Dataset Years Unit Key Variables Page
Agricultural Census 1949-1990 District × year Employment by race, wages, mechanization Details
TEBA Mine Recruiting 1953-1975 District × year Mine recruit counts by origin Details
Population 1904-1996 District × census year Population by race, urban/rural Details
Forced Removals 1960s-1980s District (cross-section) Removal events, population moved Details
Elections 1938-1992 Constituency × year Votes by party, turnout Details

National & Sectoral Data

Not at district level — different units of observation.

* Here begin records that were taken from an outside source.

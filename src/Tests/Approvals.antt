-- ===== src/Tests/Approvals.antt =====
-- The approval of an assessment at a concrete database.
use pruebas_personalizadas.Prelude.Common.{ℕ, ◌≡◌, refl, String, Option, none, some, [], ◌∷◌}
use pruebas_personalizadas.Prelude.Eq.{string_eq, option_eq}
use pruebas_personalizadas.Prelude.Lists.{any, filter}
use pruebas_personalizadas.Prelude.Result.{ok, reject, ◌>>=◌, ◌>>◌}
use pruebas_personalizadas.Prelude.Rows.{select_one, get_row, put}
use pruebas_personalizadas.Jobs.Documents.{WorkflowStatus, AssessmentRow}
use pruebas_personalizadas.Jobs.Tables.{SubmissionStatus, SubmissionRow, Database, submission_row}
use pruebas_personalizadas.Jobs.Queue.{found}
use pruebas_personalizadas.Jobs.Continue.{as_conflict}
use pruebas_personalizadas.Jobs.Publish.{
  latest_version, is_version_of, approved_submission, approval_event, write_approval,
  approve_latest, approve_assessment_atomic,
}
use pruebas_personalizadas.Jobs.Approval.{IsApproved, approve_assessment_atomic-once}

abbrev version : ℕ → String → WorkflowStatus → Option String → Option ℕ → AssessmentRow
version n etag status by at = record {
  row_id = etag;
  assessment_id = "asm";
  tenant_id = "ten";
  submission_id = "sub";
  version = n;
  etag = etag;
  stored = record {
    assessment_id = "asm";
    submission_id = "sub";
    status = status;
    approved_by = by;
    approved_at = at;
  };
  created_at = 1;
}

abbrev reviewed : AssessmentRow
reviewed = version 1 "e1" WorkflowStatus.needs_review none none

abbrev approved : AssessmentRow
approved = version 2 "e2" WorkflowStatus.approved (some "ana") (some 50)

abbrev submission : SubmissionRow ℕ
submission = record {
  id = "sub";
  tenant_id = "ten";
  activity_id = "act";
  subject_ref = "subject";
  blueprint_version = some 1;
  state = record {
    submission_id = "sub";
    activity_id = "act";
    status = SubmissionStatus.needs_review;
    current_stage = some "NEEDS_REVIEW";
    progress = 1;
    active_job_id = some "job";
    diagnostics = [];
    updated_at = 40;
  };
  active_job_id = some "job";
  created_at = 1;
  updated_at = 40;
}

abbrev under_review : Database ℕ
under_review = record {
  jobs = [];
  submissions = submission ∷ [];
  activities = [];
  artifacts = [];
  stage_runs = [];
  controls = [];
  assessments = reviewed ∷ [];
  guides = [];
  events = [];
}

abbrev behind : Database ℕ
behind = record under_review {
  assessments = reviewed ∷ approved ∷ [];
  submissions = approved_submission 50 submission ∷ [];
  events = approval_event "evt" "ana" 50 approved ∷ [];
}

approve_test : approve_assessment_atomic "evt" "e1" approved "ana" under_review ≡ ok behind
unfolding approve_assessment_atomic approve_latest write_approval as_conflict found latest_version
    filter any select_one get_row put reject ◌>>=◌ ◌>>◌
approve_test = refl

approve_assessment_atomic-once_example :
    IsApproved "e1" "ana" approved under_review behind
    × (latest_version (filter (is_version_of "asm" "ten") behind.assessments) ≡ some approved)
    × ((event other_actor : String) (other : AssessmentRow) (final : Database ℕ)
        → ¬ (
            approve_assessment_atomic event "e1"
              (record other { assessment_id = "asm"; tenant_id = "ten" })
              other_actor
              behind
            ≡ ok final))
approve_assessment_atomic-once_example =
    approve_assessment_atomic-once "evt" "e1" approved "ana" under_review approve_test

Dataset Years Unit Key Variables Page
Strike Panel 1978-1990 Incident Company, union, workers, outcome Details
Manpower Survey 1965-1994 Sector-occupation-year Employment by race and gender (165K rows) Details
Mining Census 1964-1987 Mine or mineral type Gold production, costs, profits Details
Manufacturing Census 1948-1985 Industrial region Output, employment by industry Details
Industrial Wages 1973-1988 Industry-occupation-area Gazetted minimum wage rates (825 files) Details

Financial & Macro

Dataset Years Key Variables Page
Sanctions & Macro 1968-2015 Gold price, exchange rates, bond yields, credit spreads Details
Share Prices & Boards 1973-2015 JSE market values, director networks Details
Input-Output Tables 1967-1993 Sector flow matrices (48 files) Details

Supplementary

Dataset Description Page
Geography Reference State of emergency, labour law dates, ag suitability Details
Rural Property Farm land transfers 1939-1960 (4,711 rows) Details
CPS 1980 Household survey microdata (84K records) Details
Public Sector Government employment 1920-1980 (44 files) Details

Total: ~1,900 CSV files across 24 categories.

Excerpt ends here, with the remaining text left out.